Omdat de inflatie in Rusland snel afneemt, ziet de Centrale Bank van Rusland (CBR) ruimte het belangrijkste rentetarief steeds verder te verlagen. Per 9 september 2019 zakt de rente van 7,25 naar 7,0 procent. Sinds het inflatiebeperkende beleid van bankpresident Elvira Nabioellina, waardoor de rente flink hoger ligt dan de inflatie, is de rente niet zo laag geweest.

Tabel met de prijsstijging in juli 2018 en 2019

Bron: Russische Staatsdienst voor de Statistiek, Rosstat

Tabel met de prijsstijging in augustus 2018 en 2019

Bron: Russische Staatsdienst voor de Statistiek, Rosstat

De eerste vijf maanden van 2019 stond de rente nog op 7,75 procent. Sinds half juni 2019 heeft de CBR de rente drie keer achtereen verlaagd met kleine stapjes van 0,25 procentpunt: per 17 juni, 29 juli en 9 september. Elke keer bleef een negatieve reactie uit: de inflatie bleef dalen en de waarde van de roebel bleef stabiel tegenover de dollar (een dollar kostte op 11 september 65 roebel) en tegenover de euro (72 roebel).

Sinds juni 2019 is de Russische inflatie afwezig. In juni was de inflatie ten opzichte van de voorafgaande maand 0,0 procent; in juli 0,2 en in augustus -0,2 procent. In de eerste elf dagen van september daalden de prijzen met 0,1 procent.

Uiteraard komt de huidige afwezigheid van inflatie door het zomerseizoen, maar vorig jaar stegen de prijzen in dezelfde periode wel: 0,5 (juni), 0,3 (juli), 0,0 (augustus) en 0,2 (geheel september) procent. Zonder de gunstige invloed van het seizoen, zou de inflatie in augustus 2019 uitkomen op 0,3 procent. Geannualiseerd is dit ongeveer 4 procent.

Aangezien de inflatie al (bijna) de doelstelling van 4 procent per jaar heeft bereikt en de inflatie sneller daalt dan de rente, is er veel ruimte voor verdere renteverlagingen. De voorzichtige Nabioellina verwacht dat de inflatie in de eerste maanden van 2020 zal schommelen tussen 3,5 en 4,0 procent.
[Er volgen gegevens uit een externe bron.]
-- ===== src/Registry/Laws/Prefix.antt =====
-- The derivation of the session prefix from a topic name.
use kv8_metrics.Prelude.{
  ℕ, zero, suc, ◌+◌, ◌/◌, ◌<◌, ◌≤◌, ◌≡◌, ◌≢◌, refl, sym, ap, ◌∙◌, true, false, none, some, [], ◌∷◌,
  ◌++◌, length, length-append, append_assoc, take, arith,
}
use kv8_metrics.Prelude.Bytes.{Bytes, codes, take-length, Lacks, append-Lacks}
use kv8_metrics.Prelude.Assoc.{bytes_beq_refl}
use kv8_metrics.Wire.Registry.{cid_log}
use kv8_metrics.Kv8log.Text.{hex_digit, hex_before, hex4, hex8}
use kv8_metrics.Registry.{is_prefix, before_last, or_else, session_prefix, of_channel}

-- No hexadecimal digit is a small letter.
hex_before-Lacks :
    (m w v : ℕ) (rest : Bytes) → 71 ≤ m → Lacks m rest → Lacks m (hex_before w v rest)
unfolding hex_before hex_digit
hex_before-Lacks m zero v rest low h = h
hex_before-Lacks m (suc w) v rest low h =
    hex_before-Lacks m w (v / 16) _ low ((λ e. ground arith), h)

pub hex-Lacks : (m hash id : ℕ) → 71 ≤ m → Lacks m (hex8 hash ++ (codes "." ++ hex4 id))
unfolding hex8 hex4
hex-Lacks m hash id low =
    append-Lacks m (hex_before 8 hash []) (codes "." ++ hex_before 4 id [])
      (hex_before-Lacks m 8 hash [] low tt) ((λ e. omega arith), hex_before-Lacks m 4 id [] low tt)

before_last-append : (q p s : Bytes) → before_last q s ≡ some [] → before_last q (p ++ s) ≡ some p
unfolding before_last
before_last-append q [] s e = e
before_last-append q (c ∷ p) s e = rw (before_last-append q p s e) refl

-- `m` is the middle character of the pattern.
module _ (m : ℕ) (letter : 47 ≤ m) where
  is_prefix-Lacks : (s : Bytes) → Lacks m s → is_prefix (46 ∷ m ∷ 46 ∷ []) s ≡ false
  unfolding is_prefix
  is_prefix-Lacks [] h = refl
  is_prefix-Lacks (c ∷ []) h = ground arith
  is_prefix-Lacks (c ∷ d ∷ s) h = let other : d ≢ m = h.1.0 in ground (arith, other)

  before_last-Lacks : (s : Bytes) → Lacks m s → before_last (46 ∷ m ∷ 46 ∷ []) s ≡ none
  unfolding before_last is_prefix
  before_last-Lacks [] h = refl
  before_last-Lacks (c ∷ s) h = ground (arith, before_last-Lacks s h.1, is_prefix-Lacks (c ∷ s) h)

  marker : (s : Bytes) → Lacks m s → before_last (46 ∷ m ∷ 46 ∷ []) (46 ∷ m ∷ 46 ∷ s) ≡ some []
  unfolding before_last is_prefix
  marker s h =
      ground
        (arith, before_last-Lacks s h, is_prefix-Lacks (46 ∷ s) ((λ e. omega arith), h), letter)

-- A data topic of the session whose prefix is `p`.
pub prefix-data_topic :
    (id : ℕ) (p s : Bytes)
    → id < cid_log
    → Lacks 100 s
    → session_prefix id (p ++ (codes ".d." ++ s)) ≡ some p
unfolding session_prefix or_else
prefix-data_topic id p s h low =
    ground (
      arith,
      before_last-append (codes ".d.") p (codes ".d." ++ s) (marker 100 (omega arith) s low),
    )

-- A feed's topic, where no 'd' stands in the session's prefix.
pub prefix-feed_topic :
    (id : ℕ) (p s : Bytes)
    → id < cid_log
    → Lacks 100 (p ++ (codes ".u." ++ s))
    → Lacks 117 s
    → session_prefix id (p ++ (codes ".u." ++ s)) ≡ some p
unfolding session_prefix or_else
prefix-feed_topic id p s h no_data low = ground (
  arith,
  before_last-Lacks 100 (omega arith) (p ++ (codes ".u." ++ s)) no_data,
  before_last-append (codes ".u.") p (codes ".u." ++ s) (marker 117 (omega arith) s low),
)

pub of_channel-append :
    (channel session : Bytes)
    → 0 < length session
    → of_channel channel (channel ++ (codes "." ++ session)) ≡ true
unfolding of_channel
of_channel-append channel session h =
    ground (arith, front, bytes_beq_refl (channel ++ codes "."), size)
  where
    whole : channel ++ (codes "." ++ session) ≡ (channel ++ codes ".") ++ session
    whole = sym (append_assoc channel (codes ".") session)

    front : take (length channel + 1) (channel ++ (codes "." ++ session)) ≡ channel ++ codes "."
    front =
        ap (take (length channel + 1)) whole
        ∙ take-length (length channel + 1) (channel ++ codes ".") session
            (length-append channel (codes "."))

    size : length (channel ++ (codes "." ++ session)) ≡ length channel + suc (length session)
    size = length-append channel (codes "." ++ session)

-- A prefix that is no longer than the channel is not one of its sessions.
pub of_channel_short :
    (channel prefix : Bytes)
    → length prefix ≤ length channel + 1
    → of_channel channel prefix ≡ false
unfolding of_channel
of_channel_short channel prefix h = ground arith
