-- ===== src/Registry/Laws/Parse.antt =====
-- The guards of `ParseRegistryRecord`, and what it makes of a whole record.
use kv8_metrics.Prelude.{
  ℕ, ◌+◌, ◌≤◌, ◌≡◌, ap₂, dec_lt, ℕ_discrete, ◌∙◌, [], ◌++◌, length, length-append, append-nil, drop,
  arith,
}
use kv8_metrics.Prelude.Bytes.{Bytes, take-length, drop-length}
use kv8_metrics.Wire.Registry.{
  RegistryRecord, Fits, write_fixed, read_fixed, read-write_fixed, drop-write_fixed,
  length-write_fixed, registry_size, registry_version,
}
use kv8_metrics.Registry.{Scan, parse_record, parse_fields, store_record}

-- What a payload needs to be stored.
pub record IsReadable (payload : Bytes) : Type 0 where
  pub whole : registry_size ≤ length payload
  pub known : (read_fixed payload).version ≡ registry_version
  pub complete :
      registry_size + (read_fixed payload).name_len + (read_fixed payload).topic_len
      ≤ length payload

fields_ignored :
    (channel : Bytes) (size : ℕ) (r : RegistryRecord) (tail : Bytes) (st : Scan)
    → ¬ ((r.version ≡ registry_version) × (registry_size + r.name_len + r.topic_len ≤ size))
    → parse_fields channel size r tail st ≡ st
unfolding parse_fields
fields_ignored channel size r tail st h = elim (ℕ_discrete r.version registry_version) [
  | no n ↦ ground arith
  | yes e ↦ elim (dec_lt size (registry_size + r.name_len + r.topic_len)) [
    | yes short ↦ ground arith
    | no long ↦ absurd (h (e, omega arith))
  ]
]

-- A payload that is too short for its fixed part, for the texts that its lengths announce, or that
-- has another version leaves the scan unchanged.
pub unreadable_ignored :
    (channel payload : Bytes) (st : Scan)
    → ¬ IsReadable payload
    → parse_record channel payload st ≡ st
unfolding parse_record
unreadable_ignored channel payload st h = elim (dec_lt (length payload) registry_size) [
  | yes short ↦ ground arith
  | no long ↦
      let rest : parse_fields channel (length payload) (read_fixed payload)
            (drop registry_size payload) st
          ≡ st =
        fields_ignored channel (length payload) (read_fixed payload) (drop registry_size payload) st
          (λ f. h (record { whole = omega arith; known = f.0; complete = f.1 })) in
      ground arith
]

fields-store :
    (channel name topic : Bytes) (size : ℕ) (r : RegistryRecord) (st : Scan)
    → r.version ≡ registry_version
    → length name ≡ r.name_len
    → length topic ≡ r.topic_len
    → registry_size + r.name_len + r.topic_len ≤ size
    → parse_fields channel size r (name ++ topic) st ≡ store_record channel r name topic st
unfolding parse_fields
fields-store channel name topic size r st v hn ht room = ground (
  arith,
  take-length r.name_len name topic hn,
  drop-length r.name_len name topic hn,
  take-length r.topic_len topic [] ht,
  append-nil topic,
)

long_enough :
    (channel payload : Bytes) (st : Scan)
    → registry_size ≤ length payload
    → parse_record channel payload st
      ≡ parse_fields channel (length payload) (read_fixed payload) (drop registry_size payload) st
unfolding parse_record
long_enough channel payload st h = ground arith

-- A record of the current version, whose fields fit their widths and whose lengths are those of
-- its name and topic, is stored with exactly the name and the topic written behind it.
pub parse-write :
    (channel name topic : Bytes) (r : RegistryRecord) (st : Scan)
    → Fits r
    → r.version ≡ registry_version
    → length name ≡ r.name_len
    → length topic ≡ r.topic_len
    → parse_record channel (write_fixed r (name ++ topic)) st ≡ store_record channel r name topic st
parse-write channel name topic r st f v hn ht =
    let size : length (write_fixed r (name ++ topic)) ≡ registry_size + r.name_len + r.topic_len =
      length-write_fixed r (name ++ topic) ∙ omega (arith, length-append name topic) in
    long_enough channel (write_fixed r (name ++ topic)) st (omega (arith, size))
    ∙ ap₂ (λ q tail. parse_fields channel (length (write_fixed r (name ++ topic))) q tail st)
        (read-write_fixed r (name ++ topic) f) (drop-write_fixed r (name ++ topic))
    ∙ fields-store channel name topic _ r st v hn ht (omega (arith, size))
Dus 0,3 à 0,8 procentpunt lager dan in augustus 2019.

De CBR is na vijf jaar overgegaan van een streng monetair beleid, via een gematigd streng monetair beleid naar een neutraal beleid. Daar hoort een nominale rente bij van 6 à 7 procent, een reële rente van 2 à 3 procent en een streefinflatie van jaarlijks 4 procent. De huidige inflatiedaling kan dus grotendeels vergezeld gaan van een lagere rente.

In 2017 en de eerste helft van 2018 was dit niet zo: het gat tussen de (dalende) inflatie en de nominale rente - de reële rente - was destijds bijna twee keer zo groot als nu. Vergelijk dit ook eens met Nederland. Hier bedroeg de inflatie in augustus 2019 2,8 procent en volgens de geharmoniseerde Europese rekenmethode (HICP) zelfs 3,1 procent. Dit is drie keer hoger dan het EU-gemiddelde, terwijl de rentevergoeding door de banken nihil is. Ondanks die enorme jaarlijkse geldontwaarding, sparen Nederlanders niet minder.

Nabioellina schat in dat in Rusland de besparingen wel zullen afnemen als de reële rente te laag wordt. De inflatie zal dan extra zal stijgen, hetgeen inflatiehavik Nabioellina uit alle macht wil voorkomen. De komende jaren zal in Rusland de reële rente altijd sterk positief blijven. In ieder geval zolang zij bankpresident is.

Nabioellina verklaart de renteverlaging, gezeten achter een bureau

Nabioellina licht de rentedaling toe. Foto: CBR.

Ondanks de drie achtereenvolgende renteverlagingen, neemt de inflatie sneller af. Ten opzichte van het hoogste niveau van maart 2019 (5,3 procent) is de inflatie met een procentpunt afgenomen; de rente daalde met 0,75 procentpunt. De rente daalde dus langzamer dan de inflatie, terwijl iedereen verwacht dat de Russische inflatie de komende tijd verder zal afnemen.

Het staat daarom vrijwel vast dat Rusland de rente verder zal verlagen, hetgeen Nabioellina ook heeft aangekondigd als de verwachte verdere inflatiedaling de komende tijd doorgaat. De vraag is niet of de rente daalt, maar wanneer, hoe vaak en met welk percentage?

Normaal volgt een rentebeslissing na elke reguliere vergadering van de directieraad van de CBR, die grofweg om de anderhalve maand plaatsvindt. In 2019 zijn er nog twee vergaderingen: 25 oktober en 13 december.